El profeta de Dios hundiéndose en el lodo nos hace recordar las palabras del rey David cuando expresa: "¡Sálvame, oh Dios, porque las aguas han entrado hasta mi alma! Estoy hundido en el lodo profundo donde no hay suelo firme. He llegado a las profundidades de las aguas, y la corriente me ha arrastrado. Cansado estoy de llamar; mi garganta se ha enronquecido" (Sal 69:1-3).
Remarquemos estas palabras: "y Jeremías se hundió en el lodo" (Jer 38:6). ¡Qué experiencia horripilante sentir que el cuerpo se va hundiendo en el fango y, de seguir, se va a asfixiar!
El salmista David nunca estuvo sumergido en una cisterna pero espiritualmente había sentido esto mismo. Es así que dice: "Pacientemente esperé al Señor, y él se inclinó a mí y oyó mi clamor. Me hizo subir del pozo de la desesperación, del lodo cenagoso. Puso mis pies sobre una roca y afirmó mis pasos. Puso en mi boca un cántico nuevo, una alabanza a nuestro Dios" (Sal 40:1-3).
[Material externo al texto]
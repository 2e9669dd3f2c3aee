-- ===== src/Config.antt =====
-- `WireAssumeConfig::validate` of crates/config/src/lib.rs. A socket address is its text and whether it is a
-- loopback address; `{:?}` of a text, and the text for an invalid expression, are parameters.
pub mod Laws
mod Samples
use wire_assume.Prelude.{
  ◌==◌, if◌then◌else◌, Result, ok, err, BTreeMap, BTreeSet, contains, set_insert, join, put_before,
  ℕ, String, Bool, true, false, not, ◌&&◌, Option, none, some, List, [], ◌∷◌, ◌++◌, map,
}
use wire_assume.Model.Redaction.{RedactionPolicy, Regexes}
use wire_assume.MutationEngine.Kind.{MutationKind}
use wire_assume.Experiment.Plan.{is_blank}

pub record SocketAddr : Type 0 where
  pub text : String
  pub is_loopback : Bool

pub record ProxyConfig : Type 0 where
  pub listen : SocketAddr
  pub upstream : Option String
  pub max_payload_bytes : ℕ
  pub allow_non_loopback : Bool

pub record EndpointMatcher : Type 0 where
  pub method : String
  pub path : String

-- A signed integer; `negsuc n` is -(n + 1).
pub data ℤ : Type 0 where
  pos negsuc : ℕ → ℤ

pub record CommandOracleConfig : Type 0 where
  pub argv : List String
  pub cwd : Option String
  pub timeout_ms : ℕ
  pub env : BTreeMap String
  pub inherit_env : Bool
  pub stdout_contains : List String
  pub stderr_not_contains : List String
  pub success_exit_codes : List ℤ

pub record HttpOracleConfig : Type 0 where
  pub method : String
  pub url : String
  pub timeout_ms : ℕ
  pub success_statuses : List ℕ
  pub body_contains : List String
  pub headers : BTreeMap String

pub record PlaywrightOracleConfig : Type 0 where
  pub argv : List String
  pub cwd : Option String
  pub timeout_ms : ℕ
  pub env : BTreeMap String

pub data OracleConfig : Type 0 where
  command custom : CommandOracleConfig → OracleConfig
  http : HttpOracleConfig → OracleConfig
  playwright : PlaywrightOracleConfig → OracleConfig

pub record MutationConfig : Type 0 where
  pub budget : ℕ
  pub concurrency : ℕ
  pub seed : ℕ
  pub include : List MutationKind
  pub exclude : List MutationKind

-- `traffic` has the endpoint as its only field.
pub record ScenarioConfig : Type 0 where
  pub name : String
  pub endpoint : EndpointMatcher
  pub oracle : OracleConfig
  pub mutation : MutationConfig

-- The fields of `project` and `provider` stand in the record itself.
pub record WireAssumeConfig : Type 0 where
  pub project_name : String
  pub provider_name : String
  pub openapi : Option String
  pub proxy : ProxyConfig
  pub scenarios : List ScenarioConfig
  pub redaction : RedactionPolicy

abbrev pub default_mutation : MutationConfig
default_mutation = record { budget = 500; concurrency = 4; seed = 42; include = []; exclude = [] }

-- `if b { errors.push(…) }`
abbrev pub error_if : Bool → String → List String
error_if true text = text ∷ []
error_if false text = []

abbrev pub is_empty_list {ℓ} : {A : Type ℓ} → List A → Bool
is_empty_list [] = true
is_empty_list (x ∷ xs) = false

module _ (new_regex : Regexes) (debug : String → String) (regex_text : String → String) where
  -- `RedactionPolicy::regex_errors`
  unfoldable pub regex_errors : List String → List String
  regex_errors [] = []
  regex_errors (pattern ∷ patterns) = elim (new_regex pattern) [
    | none ↦
        put_before (debug pattern) (put_before ": " (regex_text pattern)) ∷ regex_errors patterns
    | some _ ↦ regex_errors patterns
  ]

  abbrev pub in_scenario : String → String → String
  in_scenario name text = put_before "scenario " (put_before (debug name) text)

  unfoldable pub validate_oracle : String → OracleConfig → List String
  validate_oracle name (command config) =
      error_if (is_empty_list config.argv)
        (in_scenario name " command/custom oracle argv must not be empty")
      ++ error_if (config.timeout_ms == 0)
          (in_scenario name " oracle timeout_ms must be greater than zero")
  validate_oracle name (custom config) =
      error_if (is_empty_list config.argv)
        (in_scenario name " command/custom oracle argv must not be empty")
      ++ error_if (config.timeout_ms == 0)
          (in_scenario name " oracle timeout_ms must be greater than zero")
  validate_oracle name (playwright config) =
      error_if (is_empty_list config.argv)
        (in_scenario name " playwright oracle argv must not be empty")
      ++ error_if (config.timeout_ms == 0)
          (in_scenario name " oracle timeout_ms must be greater than zero")
  validate_oracle name (http config) =
      error_if (config.timeout_ms == 0)
        (in_scenario name " oracle timeout_ms must be greater than zero")
      ++ error_if (is_empty_list config.success_statuses)
          (in_scenario name " HTTP oracle success_statuses must not be empty")

  -- The errors of a scenario's name, and the names with it; a blank one is not inserted.
  unfoldable pub validate_name : BTreeSet → String → List String × BTreeSet
  validate_name names name =
      if is_blank name then ("scenario.name must not be empty" ∷ [], names) else (
        error_if (contains names name)
            (put_before "scenario name " (put_before (debug name) " is duplicated")),
        set_insert name names,
      )

  -- The rest of the loop's body.
  unfoldable pub validate_scenario : ScenarioConfig → List String
  validate_scenario s =
      error_if (s.mutation.budget == 0)
        (in_scenario s.name " mutation.budget must be greater than zero")
      ++ error_if (s.mutation.concurrency == 0)
          (in_scenario s.name " mutation.concurrency must be greater than zero")
      ++ error_if (is_blank s.endpoint.path)
          (in_scenario s.name " traffic.endpoint.path must not be empty")
      ++ validate_oracle s.name s.oracle

  unfoldable pub validate_scenarios : BTreeSet → List ScenarioConfig → List String
  validate_scenarios names [] = []
  validate_scenarios names (s ∷ scenarios) =
      (validate_name names s.name).0
      ++ validate_scenario s
      ++ validate_scenarios (validate_name names s.name).1 scenarios

  unfoldable pub errors_in : WireAssumeConfig → List String
  errors_in config =
      error_if (is_blank config.project_name) "project.name must not be empty"
      ++ error_if (is_blank config.provider_name) "provider.name must not be empty"
      ++ error_if (is_empty_list config.scenarios) "at least one scenario is required"
      ++ error_if (not config.proxy.allow_non_loopback && not config.proxy.listen.is_loopback) (
          put_before "proxy.listen=" (
            put_before config.proxy.listen.text
              " is not loopback; set proxy.allow_non_loopback=true only in a trusted environment"))
      ++ error_if (config.proxy.max_payload_bytes == 0)
          "proxy.max_payload_bytes must be greater than zero"
      ++ map (λ text. put_before "redaction.regexes contains invalid pattern " text)
          (regex_errors config.redaction.regexes)
      ++ validate_scenarios [] config.scenarios

  -- The texts of `Invalid`.
  unfoldable pub validate : WireAssumeConfig → Result String (Unit {0})
  validate config =
      if is_empty_list (errors_in config) then ok tt else err (join "\n" (errors_in config))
Observen: desde el lodo cenagoso a la peña firme. Desde el pozo de la desesperación al cántico nuevo de alabanza.
De la misma manera que Jeremías fue puesto en el barro del pozo, nuestro Señor sufrió en un lugar que se le puede comparar. Pero la diferencia es que no había hombres que lo sacaran; no había personas que escuchando su clamor lo ayudaran.
Así, en las palabras del salmista leemos: "todas tus ondas y tus olas han pasado sobre mí" (Sal 42:7).
El profeta de Dios salió de la cisterna manchado y lleno de lodo. El Señor salió de la tumba no con el lodo pero con las marcas de la cruz que muestra a Tomás y a los otros discípulos.
Temas para análisis y comentario
1. ¿De dónde saca Ananías ese mensaje tan positivo? (Jer 28:2-5). ¿Qué hace Ananías con el yugo de Jeremías y por qué lo hace?
2. Después de un tiempo, ¿cómo le responde Jeremías a Ananías?
3. ¿Qué supone usted que hizo Jeremías en la cisterna para contrarrestar el miedo y lo horrible del lugar?
4. ¿Qué significa la pregunta: "¿Acaso no es Efraín un hijo querido para mí?".